RL Formulation Table

This paper does not use reinforcement learning for its primary contribution (EMLIO). However, reference [20] (Jamil et al., arXiv:2503.13662) cites a multi-parameter RL framework for adaptive data transfer optimization that is closely related. No RL formulation table applies to EMLIO itself.


Relevance to DynamICCL

Low-to-moderate indirect relevance. EMLIO addresses training data I/O; DynamICCL addresses collective communication configuration. The connections are:

  1. Shared Chameleon Cloud platform: EMLIO's evaluation cluster (Table 1: Intel Xeon Gold 6126, RTX 6000, 10 Gbps Ethernet, Chameleon UC and TACC) directly matches DynamICCL's deployment environment. EMLIO characterizes this hardware: 10 Gbps Ethernet creates a 0.1–30ms RTT range depending on inter-site distance. This RTT range defines the network conditions under which DynamICCL must tune NCCL.

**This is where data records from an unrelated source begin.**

-- ===== src/Settings/Uncached.antt =====
-- The cache against the table: getString returns what it would return with an empty cache.
use nexcore_x_ui.Prelude.{
  ◌≡◌, refl, sym, ap, ◌∙◌, String, Option, none, some, List, [], ◌∷◌, Option-cases, inl, inr, head?,
}
use nexcore_x_ui.Prelude.Maps.{lookup, insert}
use nexcore_x_ui.Exec.{Result, ok, err, continue}
use nexcore_x_ui.Model.{Setting}
use nexcore_x_ui.Table.{Table}
use nexcore_x_ui.Table.Schemas.{settings_schema}
use nexcore_x_ui.Settings.{
  CacheEntry, absent, Env, SettingStore, read, with_key, get_setting, default_value, opened,
  put_opened, value_of_row, from_cache, cached_or_read, get_string,
}
use nexcore_x_ui.Settings.Coherence.{
  Call, after, after-Coherent, Coherent, selected, entry_of, fresh,
}

module _ (tbl : Table settings_schema) (env : Env) where
  abbrev uncached : SettingStore tbl → SettingStore tbl
  uncached s = record s { cache = [] }

  default-value :
      (key : String) (s t : SettingStore tbl)
      → (default_value tbl env key s).0 ≡ (default_value tbl env key t).0
  unfolding default_value
  default-value key s t = elim (Option-cases (lookup key env.defaults)) [
    | inl unknown ↦ rw unknown refl
    | inr (v, known) ↦ rw known refl
  ]

  put-value :
      (key : String) (o : Result String) (s t : SettingStore tbl)
      → (put_opened tbl key o s).0 ≡ (put_opened tbl key o t).0
  put-value key (ok v) s t = refl
  put-value key (err e) s t = refl

  value_of_row-value :
      (key : String) (rs : List Setting) (s t : SettingStore tbl)
      → (value_of_row tbl env key rs s).0 ≡ (value_of_row tbl env key rs t).0
  value_of_row-value key [] s t =
      default-value key (record s { cache = insert key absent s.cache })
        (record t { cache = insert key absent t.cache })
  value_of_row-value key (r ∷ rs) s t = put-value key (opened env key r.value) s t

  opened-value :
      (key : String) (e : CacheEntry) (o : Result String) (s t : SettingStore tbl)
      → entry_of o ≡ some e
      → (from_cache tbl env key e s).0 ≡ (put_opened tbl key o t).0
  opened-value key e (err x) s t h = cc
  opened-value key e (ok v) s t h =
      ap
        (λ (o : Option CacheEntry). elim o [
          | none ↦ ok v
          | some d ↦ (from_cache tbl env key d s).0
        ])
        (sym h)

  hit-value :
      (key : String) (e : CacheEntry) (rs : List Setting) (s t : SettingStore tbl)
      → fresh env key (head? rs) ≡ some e
      → (from_cache tbl env key e s).0 ≡ (value_of_row tbl env key rs t).0
  hit-value key e [] s t h =
      ap
        (λ (o : Option CacheEntry). elim o [
          | none ↦ (default_value tbl env key s).0
          | some d ↦ (from_cache tbl env key d s).0
        ])
        (sym h)
      ∙ default-value key s (record t { cache = insert key absent t.cache })
  hit-value key e (r ∷ rs) s t h = opened-value key e (opened env key r.value) s t h

  read-value :
      (key : String) (rows : Option (List Setting)) (e : CacheEntry) (s : SettingStore tbl)
      {rs : List Setting}
      → rows ≡ some rs
      → fresh env key (head? rs) ≡ some e
      → (from_cache tbl env key e s).0
        ≡ (continue (read tbl rows (uncached s)) (value_of_row tbl env key)).0
  read-value key rows e s {rs} h now = rw h (hit-value key e rs s (uncached s) now)

  missed-value :
      (key : String) (rows : Option (List Setting)) (s : SettingStore tbl)
      → (continue (read tbl rows s) (value_of_row tbl env key)).0
        ≡ (continue (read tbl rows (uncached s)) (value_of_row tbl env key)).0
  missed-value key none s = refl
  missed-value key (some rs) s = value_of_row-value key rs s (uncached s)

  cached-value :
      (key : String) (o : Option CacheEntry) (s : SettingStore tbl) {rs : List Setting}
      → lookup key s.cache ≡ o
      → Coherent tbl env s
      → tbl.select (with_key tbl key) s.table ≡ some rs
      → (cached_or_read tbl env key o s).0 ≡ (get_string tbl env key (uncached s)).0
  unfolding get_string get_setting
  cached-value key none s held c h = missed-value key (tbl.select (with_key tbl key) s.table) s
  cached-value key (some e) s held c h =
      read-value key (tbl.select (with_key tbl key) s.table) e s h
        (ap (fresh env key) (sym (selected tbl env key s h)) ∙ c key e held)

  -- After any calls of getString, saveSetting and ResetSettings on a table with an empty cache, whether
  -- they succeeded or not, getString of a key returns what it returns with the cache emptied, provided
  -- that the query for the row succeeds.
  pub get_string-uncached :
      (calls : List Call) (t : tbl.Tab) (key : String) {rs : List Setting}
      → tbl.select (with_key tbl key) (after tbl env calls (record { table = t; cache = [] })).table
        ≡ some rs
      → (get_string tbl env key (after tbl env calls (record { table = t; cache = [] }))).0
        ≡ (get_string tbl env key (record {
          table = (after tbl env calls (record { table = t; cache = [] })).table;
          cache = [];
        })).0
  unfolding get_string
  get_string-uncached calls t key h =
      let s = after tbl env calls (record { table = t; cache = [] }) in
      cached-value key (lookup key s.cache) s refl
        (after-Coherent tbl env calls (record { table = t; cache = [] }) (λ k e none_there. cc)) h
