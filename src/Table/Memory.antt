-- ===== src/Table/Memory.antt =====
-- A table held in memory that meets the laws of `Table`: it shows that they can be met, and the
-- examples run on it. A statement is refused when its result would break a unique index.
use nexcore_x_ui.Prelude.{
  ℕ, suc, ◌≡◌, ◌≢◌, Bool, true, false, ◌⊎◌, inl, inr, Option, none, some, List, [], ◌∷◌, ◌++◌,
  arith, ◌==◌, ==_iff, if◌then◌else◌, leb, ltb, any, all, select_rows, update_rows, delete_rows,
  count_rows, Bool-cases,
}
use nexcore_x_ui.Table.{Schema, has_key, Table}

module _ (sc : Schema) where
  pub record Held : Type 0 where
    pub content : List sc.Row
    pub unique : sc.is_unique content ≡ true
    pub positive : all (λ r. ltb 0 (sc.key r)) content ≡ true

  abbrev commit_if :
      (k : ℕ) (xs : List sc.Row)
      → (sc.is_unique xs ≡ true) ⊎ (sc.is_unique xs ≡ false)
      → (all (λ r. ltb 0 (sc.key r)) xs ≡ true) ⊎ (all (λ r. ltb 0 (sc.key r)) xs ≡ false)
      → Option (ℕ × Held)
  commit_if k xs (inl e) (inl p) = some (k, record { content = xs; unique = e; positive = p })
  commit_if k xs _ _ = none

  commit : ℕ → List sc.Row → Option (ℕ × Held)
  commit k xs =
      commit_if k xs (Bool-cases (sc.is_unique xs)) (Bool-cases (all (λ r. ltb 0 (sc.key r)) xs))

  commit_if-eq :
      (k : ℕ) (xs : List sc.Row) (d : (sc.is_unique xs ≡ true) ⊎ (sc.is_unique xs ≡ false))
      (p : (all (λ r. ltb 0 (sc.key r)) xs ≡ true) ⊎ (all (λ r. ltb 0 (sc.key r)) xs ≡ false))
      {j : ℕ} {t : Held}
      → commit_if k xs d p ≡ some (j, t)
      → (t.content ≡ xs) × (j ≡ k)
  commit_if-eq k xs (inl e) (inl p) h = (ground arith, ground arith)
  commit_if-eq k xs (inl e) (inr p) h = cc
  commit_if-eq k xs (inr e) p h = cc

  commit-eq :
      (k : ℕ) (xs : List sc.Row) {j : ℕ} {t : Held}
      → commit k xs ≡ some (j, t)
      → (t.content ≡ xs) × (j ≡ k)
  unfolding commit
  commit-eq k xs h =
      commit_if-eq k xs (Bool-cases (sc.is_unique xs)) (Bool-cases (all (λ r. ltb 0 (sc.key r)) xs))
        h

  -- A key above all that are taken.
  next_key : List sc.Row → ℕ
  next_key [] = 1
  next_key (r ∷ rs) = let k = next_key rs in if leb k (sc.key r) then suc (sc.key r) else k

  insert : sc.Row → Held → Option (ℕ × Held)
  unfolding commit next_key
  insert r t =
      let k = next_key t.content in commit k (t.content ++ sc.with_key k (sc.stored r) ∷ [])

  insert-rows :
      (r : sc.Row) (t : Held) {k : ℕ} {t' : Held}
      → insert r t ≡ some (k, t')
      → t'.content ≡ t.content ++ sc.with_key k (sc.stored r) ∷ []
  unfolding insert
  insert-rows r t {k} {t'} h =
      let (same, key) =
        commit-eq (next_key t.content)
          (t.content ++ sc.with_key (next_key t.content) (sc.stored r) ∷ []) h in
      rw key same

  overwrite : Bool → sc.Row → Held → Option (ℕ × Held)
  unfolding commit
  overwrite true r t = commit (sc.key r) (update_rows (has_key sc (sc.key r)) (λ _. r) t.content)
  overwrite false r t = commit (sc.key r) (t.content ++ r ∷ [])

  save_row : sc.Row → Held → Option (ℕ × Held)
  unfolding insert overwrite
  save_row r t =
      if sc.key r == 0 then insert r t else overwrite (any (has_key sc (sc.key r)) t.content) r t

  save_row-new :
      (r : sc.Row) (t : Held) {k : ℕ} {t' : Held}
      → sc.key r ≡ 0
      → save_row r t ≡ some (k, t')
      → t'.content ≡ t.content ++ sc.with_key k (sc.stored r) ∷ []
  unfolding save_row
  save_row-new r t {k} {t'} zero_key h =
      insert-rows r t (rw ((==_iff (sc.key r) 0).1 zero_key, save_row) at h)

  save_row-old :
      (r : sc.Row) (t : Held) {k : ℕ} {t' : Held}
      → sc.key r ≢ 0
      → any (has_key sc (sc.key r)) t.content ≡ true
      → save_row r t ≡ some (k, t')
      → t'.content ≡ update_rows (has_key sc (sc.key r)) (λ _. r) t.content
  unfolding save_row
  save_row-old r t {k} {t'} nonzero present h = elim (Bool-cases (sc.key r == 0)) [
    | inl z ↦ absurd (nonzero ((==_iff (sc.key r) 0).0 z))
    | inr z ↦
        (commit-eq (sc.key r) (update_rows (has_key sc (sc.key r)) (λ _. r) t.content)
          (rw present at (rw z at h))).0
  ]

  selected-eq : {xs ys : List sc.Row} → some xs ≡ some ys → ys ≡ xs
  selected-eq h = cc

  unfoldable pub memory : Table sc
  unfolding save_row insert commit insert-rows save_row-new save_row-old commit-eq commit_if-eq
      selected-eq
  memory = record {
    Tab = Held;
    rows = λ t. t.content;
    select = λ p t. some (select_rows p t.content);
    create = λ r t. insert r t;
    save = λ r t. save_row r t;
    update = λ p f t. commit (count_rows p t.content) (update_rows p f t.content);
    delete = λ p t. commit (count_rows p t.content) (delete_rows p t.content);
    select-rows = λ p t h. selected-eq h;
    create-rows = λ r t h. insert-rows r t h;
    save-rows_new = λ r t z h. save_row-new r t z h;
    save-rows_old = λ r t z e h. save_row-old r t z e h;
    update-rows = λ p f t h. (commit-eq (count_rows p t.content) (update_rows p f t.content) h).0;
    update-count = λ p f t h. (commit-eq (count_rows p t.content) (update_rows p f t.content) h).1;
    delete-rows = λ p t h. (commit-eq (count_rows p t.content) (delete_rows p t.content) h).0;
    delete-count = λ p t h. (commit-eq (count_rows p t.content) (delete_rows p t.content) h).1;
    keys_unique = λ t. t.unique;
    keys_positive = λ t. t.positive;
  }
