-- ===== src/Warehouse/Session.antt =====
-- The driver's session (connection.py's `Connection` and `Cursor`), over what Snowflake holds. The
-- driver is not the program's: every call of it may fail with an exception, which has no effect
-- besides, and the failures of a run are given in advance. The stage is outside of transactions.
use batch_api_snowflake.Base.{ℕ, String, Bool, Option, none, some, List, [], ◌∷◌, map, eqb}
use batch_api_snowflake.Base.{String-discrete, if◌then◌else◌}
use batch_api_snowflake.Base.Dict.{Dict, lookup, insert, discard}
use batch_api_snowflake.Errors.{Error, ok, err, driver_error}
use batch_api_snowflake.Exec.{Exec}
use batch_api_snowflake.Values.{Datetime}
use batch_api_snowflake.Calendar.{Date}
use batch_api_snowflake.Client.{Server}
use batch_api_snowflake.Disk.{File, parquet, FilePath, Disk, read_file}
use batch_api_snowflake.Warehouse.Merge.{RawRow, select, merge}

-- A row of OPS.LOAD_AUDIT; the error message is the text of the exception, cut at 2000 characters.
pub record AuditRow : Type 0 where
  pub run_id : String
  pub dataset : String
  pub contract_version : ℕ
  pub city_id : String
  pub observation_date : Date
  pub batch_id : String
  pub source_payload_hash : String
  pub rows_fetched : ℕ
  pub rows_accepted : ℕ
  pub rows_rejected : ℕ
  pub rows_inserted : ℕ
  pub rows_updated : ℕ
  pub status : String
  pub error_message : Option Error
  pub started_at_utc : Datetime
  pub finished_at_utc : Datetime

pub record Tables : Type 0 where
  pub raw : List RawRow
  pub audit : List AuditRow

-- Everything outside of the process: the disk, the stage, the tables as committed and as the
-- session sees them, whether each statement commits itself, the failures to come of the driver,
-- the API's server and the number of requests that it has had.
pub record World : Type 0 where
  pub disk : Disk
  pub stage : Dict String File
  pub committed : Tables
  pub current : Tables
  pub autocommit : Bool
  pub faults : List (Option String)
  pub server : Server
  pub requests : ℕ

-- The world with no failure of the driver to come.
abbrev pub calm : World → World
calm w = record w { faults = [] }

unfoldable pub next_fault : List (Option String) → Option String
next_fault [] = none
next_fault (f ∷ fs) = f

unfoldable pub later_faults : List (Option String) → List (Option String)
later_faults [] = []
later_faults (f ∷ fs) = fs

-- One call of the driver: the next failure, or the effect of the call.
unfoldable pub call : {A : Type 0} → Exec World A → Exec World A
unfolding next_fault later_faults
call effect w = elim (next_fault w.faults) [
  | none ↦ effect (record w { faults = later_faults w.faults })
  | some message ↦ (err (driver_error message), record w { faults = later_faults w.faults })
]

-- A change of the tables, which an autocommitting session commits at once.
unfoldable pub set_tables : Tables → World → World
set_tables t w = record w { current = t; committed = if w.autocommit then t else w.committed }

unfoldable pub put_effect : String → Option File → Exec World (Unit {0})
put_effect key none w = (err (driver_error "253006: File doesn't exist"), w)
put_effect key (some f) w = (ok tt, record w { stage = insert String-discrete key f w.stage })

abbrev pub put_file : FilePath → String → Exec World (Unit {0})
put_file path key w = put_effect key (read_file path w.disk) w

-- PUT ... OVERWRITE = TRUE of a local file, to the key of the stage that it ends up under.
unfoldable pub put : FilePath → String → Exec World (Unit {0})
unfolding call put_effect insert
put path key = call (put_file path key)

unfoldable pub merge_effect : Option File → Exec World (ℕ × ℕ)
unfolding set_tables
merge_effect (some (parquet records)) w = elim (merge w.current.raw (map select records)) [
  | ok (raw, inserted, updated) ↦
      (ok (inserted, updated), set_tables (record w.current { raw = raw }) w)
  | err e ↦ (err e, w)
]
merge_effect _ w = (err (driver_error "the staged file is no Parquet file"), w)

abbrev pub merge_staged : String → Exec World (ℕ × ℕ)
merge_staged key w = merge_effect (lookup String-discrete key w.stage) w

-- The MERGE from a key of the stage, with the counts that `fetchone` then gives.
unfoldable pub run_merge : String → Exec World (ℕ × ℕ)
unfolding call merge_effect lookup set_tables
run_merge key = call (merge_staged key)

unfoldable pub remove_effect : String → Exec World (Unit {0})
unfolding discard
remove_effect key w =
    (ok tt, record w { stage = discard String-discrete (eqb String-discrete key) w.stage })

-- REMOVE of a staged file.
unfoldable pub remove_staged : String → Exec World (Unit {0})
unfolding call remove_effect
remove_staged key = call (remove_effect key)

unfoldable pub audit_effect : AuditRow → Exec World (Unit {0})
unfolding set_tables
audit_effect row w = (ok tt, set_tables (record w.current { audit = row ∷ w.current.audit }) w)

-- INSERT of an audit row.
unfoldable pub insert_audit : AuditRow → Exec World (Unit {0})
unfolding call audit_effect
insert_audit row = call (audit_effect row)

abbrev pub commit_effect : Exec World (Unit {0})
commit_effect w = (ok tt, record w { committed = w.current })

unfoldable pub commit : Exec World (Unit {0})
unfolding call
commit = call commit_effect

abbrev pub rollback_effect : Exec World (Unit {0})
rollback_effect w = (ok tt, record w { current = w.committed })

unfoldable pub rollback : Exec World (Unit {0})
unfolding call
rollback = call rollback_effect

abbrev pub select_effect : Exec World (List AuditRow)
select_effect w = (ok w.current.audit, w)

-- The audit rows that the session sees.
unfoldable pub select_audit : Exec World (List AuditRow)
unfolding call
select_audit = call select_effect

  2. Network congestion interaction: EMLIO's storage-to-compute TCP/ZeroMQ streams (parallel multi-stream push) actively consume network bandwidth on the same 10 Gbps Ethernet fabric used by DynamICCL's NCCL collective operations. This cross-traffic is a direct source of the network congestion that Agent-1 (Trigger Agent) must detect. DynamICCL's evaluation should account for EMLIO-type data loading traffic as a realistic background congestion source.

  3. Energy-aware reward design: EMLIO demonstrates that I/O energy consumption is a tractable optimization target in HPC training. DynamICCL's reward currently minimizes collective completion time. A future extension could add energy consumption (GPU + CPU + memory during collective execution) as a secondary reward component, following EMLIO's measurement methodology (NVML + perf stat at 100ms intervals).

  4. Tennessee Tech research group: MD S Q Zulkar Nine (TTU) co-authors this paper. The EMLIO and DynamICCL projects share institutional context, making EMLIO's findings about Chameleon Cloud infrastructure directly applicable to DynamICCL's deployment.

  5. RL predecessor (ref. [20]): Jamil et al. (arXiv:2503.13662) — cited as a direct antecedent — uses deep RL to adaptively adjust application-layer data transfer settings for combined throughput, fairness, and energy efficiency. This is the closest published prior art to DynamICCL's RL-for-communication-optimization approach and merits separate review.

  6. Cross-layer optimization gap: EMLIO explicitly identifies as future work the co-scheduling of data loading with DDP gradient synchronization. DynamICCL's NCCL tuning occupies exactly this "collective communication" layer. A unified system combining EMLIO's data-I/O optimization with DynamICCL's collective communication tuning would address the complete training I/O + communication stack jointly.